I don’t think that making the primary key index non-clustered will help. While I haven’t been successful in getting that deadlock trace opened graphically, from looking at it in a text editor, it appears everything centers around the query to record alert clears. I suspect that that query isn’t executing very quickly, and if we can improve it, the deadlocks will go away.

If you have internet access on that machine, we can speed this along with GoToMeeting.
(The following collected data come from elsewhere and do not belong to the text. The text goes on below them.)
-- ===== src/Prelude/Sorting.antt =====
-- What `sort_by` leaves: look-ups in a map, the length, properties of all elements, and images.
use Prim.Native.Nat.{ℕ, suc, Ordering}
use mathlib.Core.Path.{◌≡◌, refl, sym, ap, ◌∙◌, subst}
use mathlib.Core.Logic.{◌⊎◌, inl, inr}
use mathlib.Core.Bool.{Bool, false, ◌||◌}
use mathlib.Core.List.{List, [], ◌∷◌, map}
use mathlib.Core.Option
use mathlib.Core.Option.{Option, none, some}
use native.Mathlib.Omega.{arith}
use nivasa.Prelude.Tests.{◌==◌, if◌then◌else◌}
use nivasa.Prelude.Lists.{length, any, All}
use nivasa.Prelude.Orders.{insert_by, sort_by}
use nivasa.Prelude.Sets.{mem, lookup, keys, IsDistinct}

module _ {ℓ} {A : Type ℓ} (cmp : A → A → Ordering) where
  -- The element stands in front, or behind the first one.
  pub insert_by-cases :
      (x y : A) (ys : List A)
      → (insert_by cmp x (y ∷ ys) ≡ x ∷ y ∷ ys)
        ⊎ (insert_by cmp x (y ∷ ys) ≡ y ∷ insert_by cmp x ys)
  unfolding insert_by
  insert_by-cases x y ys = go (cmp x y)
    where
      go :
          (o : Ordering)
          → ((elim o as (λ _. List A) [
            | Ordering.gt ↦ y ∷ insert_by cmp x ys
            | Ordering.lt ↦ x ∷ y ∷ ys
            | Ordering.eq ↦ x ∷ y ∷ ys
          ])
              ≡ x ∷ y ∷ ys)
            ⊎ ((elim o as (λ _. List A) [
              | Ordering.gt ↦ y ∷ insert_by cmp x ys
              | Ordering.lt ↦ x ∷ y ∷ ys
              | Ordering.eq ↦ x ∷ y ∷ ys
            ])
                ≡ y ∷ insert_by cmp x ys)
      go Ordering.gt = inr refl
      go Ordering.lt = inl refl
      go Ordering.eq = inl refl

  length-insert_by : (x : A) (ys : List A) → length (insert_by cmp x ys) ≡ suc (length ys)
  unfolding insert_by
  length-insert_by x [] = refl
  length-insert_by x (y ∷ ys) = elim (insert_by-cases x y ys) [
    | inl e ↦ ap length e
    | inr e ↦ ap length e ∙ ap suc (length-insert_by x ys)
  ]

  pub length-sort_by : (xs : List A) → length (sort_by cmp xs) ≡ length xs
  unfolding sort_by
  length-sort_by [] = refl
  length-sort_by (x ∷ xs) = length-insert_by x (sort_by cmp xs) ∙ ap suc (length-sort_by xs)

module _ {ℓ} {A : Type ℓ} (p : A → Bool) (cmp : A → A → Ordering) where
  any-insert_by : (x : A) (ys : List A) → any p (insert_by cmp x ys) ≡ (p x || any p ys)
  unfolding insert_by
  any-insert_by x [] = refl
  any-insert_by x (y ∷ ys) = elim (insert_by-cases cmp x y ys) [
    | inl e ↦ ap (any p) e
    | inr e ↦ let ih = any-insert_by x ys in ap (any p) e ∙ ground arith
  ]

  -- A sorted list has an element with the property if the list has one.
  pub any-sort_by : (xs : List A) → any p (sort_by cmp xs) ≡ any p xs
  unfolding sort_by
  any-sort_by [] = refl
  any-sort_by (x ∷ xs) = any-insert_by x (sort_by cmp xs) ∙ ap (λ b. p x || b) (any-sort_by xs)

module _ {ℓ κ} {A : Type ℓ} (P : A → Type κ) (cmp : A → A → Ordering) where
  All-insert_by : (x : A) (ys : List A) → P x → All P ys → All P (insert_by cmp x ys)
  unfolding insert_by
  All-insert_by x [] p h = (p, h)
  All-insert_by x (y ∷ ys) p (q, h) = elim (insert_by-cases cmp x y ys) [
    | inl e ↦ subst (All P) (sym e) (p, (q, h))
    | inr e ↦ subst (All P) (sym e) (q, All-insert_by x ys p h)
  ]

  pub All-sort_by : (xs : List A) → All P xs → All P (sort_by cmp xs)
  unfolding sort_by
  All-sort_by [] h = h
  All-sort_by (x ∷ xs) (p, h) = All-insert_by x (sort_by cmp xs) p (All-sort_by xs h)

module _ {ℓ κ} {A : Type ℓ} {B : Type κ} (f : A → B) (cmp : B → B → Ordering) where
  insert_by-map :
      (x : A) (ys : List A)
      → insert_by cmp (f x) (map f ys) ≡ map f (insert_by (λ a b. cmp (f a) (f b)) x ys)
  unfolding insert_by
  insert_by-map x [] = refl
  insert_by-map x (y ∷ ys) = go (cmp (f x) (f y)) (insert_by-map x ys)
    where
      go :
          (o : Ordering)
          → insert_by cmp (f x) (map f ys) ≡ map f (insert_by (λ a b. cmp (f a) (f b)) x ys)
          → (elim o as (λ _. List B) [
            | Ordering.gt ↦ f y ∷ insert_by cmp (f x) (map f ys)
            | Ordering.lt ↦ f x ∷ f y ∷ map f ys
            | Ordering.eq ↦ f x ∷ f y ∷ map f ys
          ])
            ≡ map f (elim o as (λ _. List A) [
              | Ordering.gt ↦ y ∷ insert_by (λ a b. cmp (f a) (f b)) x ys
              | Ordering.lt ↦ x ∷ y ∷ ys
              | Ordering.eq ↦ x ∷ y ∷ ys
            ])
      go Ordering.gt ih = ap (λ l. f y ∷ l) ih
      go Ordering.lt ih = refl
      go Ordering.eq ih = refl

  -- Sorting images is taking images of what is sorted by them.
  pub sort_by-map :
      (xs : List A) → sort_by cmp (map f xs) ≡ map f (sort_by (λ a b. cmp (f a) (f b)) xs)
  unfolding sort_by
  sort_by-map [] = refl
  sort_by-map (x ∷ xs) =
      ap (insert_by cmp (f x)) (sort_by-map xs)
      ∙ insert_by-map x (sort_by (λ a b. cmp (f a) (f b)) xs)

module _ {ℓ} {A : Type ℓ} (cmp : ℕ × A → ℕ × A → Ordering) where
  mem-insert_by :
      (k : ℕ) (x : ℕ × A) (m : List (ℕ × A))
      → mem k (keys (insert_by cmp x m)) ≡ (x.0 == k || mem k (keys m))
  unfolding insert_by
  mem-insert_by k x [] = refl
  mem-insert_by k x (y ∷ m) = elim (insert_by-cases cmp x y m) [
    | inl e ↦ ap (λ l. mem k (keys l)) e
    | inr e ↦ let ih = mem-insert_by k x m in ap (λ l. mem k (keys l)) e ∙ ground arith
  ]

  pub mem-sort_by : (k : ℕ) (m : List (ℕ × A)) → mem k (keys (sort_by cmp m)) ≡ mem k (keys m)
  unfolding sort_by
  mem-sort_by k [] = refl
  mem-sort_by k (x ∷ m) =
      mem-insert_by k x (sort_by cmp m) ∙ ap (λ b. x.0 == k || b) (mem-sort_by k m)

  lookup-insert_by :
      (k : ℕ) (x : ℕ × A) (m : List (ℕ × A))
      → mem x.0 (keys m) ≡ false
      → lookup k (insert_by cmp x m) ≡ lookup k (x ∷ m)
  unfolding insert_by
  lookup-insert_by k x [] fresh = refl
  lookup-insert_by k x (y ∷ m) fresh = elim (insert_by-cases cmp x y m) [
    | inl e ↦ ap (lookup k) e
    | inr e ↦ let ih = lookup-insert_by k x m (ground arith) in ap (lookup k) e ∙ ground arith
  ]

  -- A map with distinct keys answers the same, in whatever order it stands.
  pub lookup-sort_by :
      (k : ℕ) (m : List (ℕ × A)) → IsDistinct (keys m) → lookup k (sort_by cmp m) ≡ lookup k m
  unfolding sort_by
  lookup-sort_by k [] d = refl
  lookup-sort_by k (x ∷ m) (fresh, d) =
      lookup-insert_by k x (sort_by cmp m) (mem-sort_by x.0 m ∙ fresh)
      ∙ ap (λ o. if x.0 == k then some x.1 else o) (lookup-sort_by k m d)

module _ {ℓ κ} {A : Type ℓ} {B : Type κ} (f : A → B) where
  pub lookup-map :
      (k : ℕ) (m : List (ℕ × A))
      → lookup k (map (λ item. (item.0, f item.1)) m) ≡ Option.map f (lookup k m)
  lookup-map k [] = refl
  lookup-map k ((j, a) ∷ m) = ground (arith, lookup-map k m)

pub length-map {ℓ κ} :
    {A : Type ℓ} {B : Type κ} (f : A → B) (xs : List A) → length (map f xs) ≡ length xs
length-map f [] = refl
length-map f (x ∷ xs) = ap suc (length-map f xs)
Otherwise, what I would suggest is running the “display query plan” option on a sample “alert clear” query, seeing what it reports, and the creating a new index to help it.

The query to clear alerts is basically:

UPDATE alert_log SET cleared_value=? and cleared_timestamp=? WHERE system=? AND path=? AND state_name=? AND cleared_timestamp IS NULL

So, the hope is that the index on cleared_timestamp will be used to find just the null records (which should be relatively few), and then only those will be scanned for the other conditions. However, that may not be happening here. Try running the “display execution plan” on:

UPDATE alert_log SET cleared_value=0 and cleared_timestamp=CURRENT_TIMESTAMP WHERE system='test' AND path='test' AND state_name='test' AND cleared_timestamp IS NULL

If possible, take a screen shot of the results and post it. Otherwise, try to describe the results. Does it mention an index name, or does it just say “full scan”?

Regards,

diat150 · April 4, 2012, 12:33am

we have a busy few days, so it will be next week before we can check it out. Id prefer to let one of you look at it via gotomeeting if possible. should I ask for you or just get with one of the other support guys?

Travis.Cox · April 4, 2012, 3:15pm

Just get one of the support guys and have them look at the post. They will know what to do.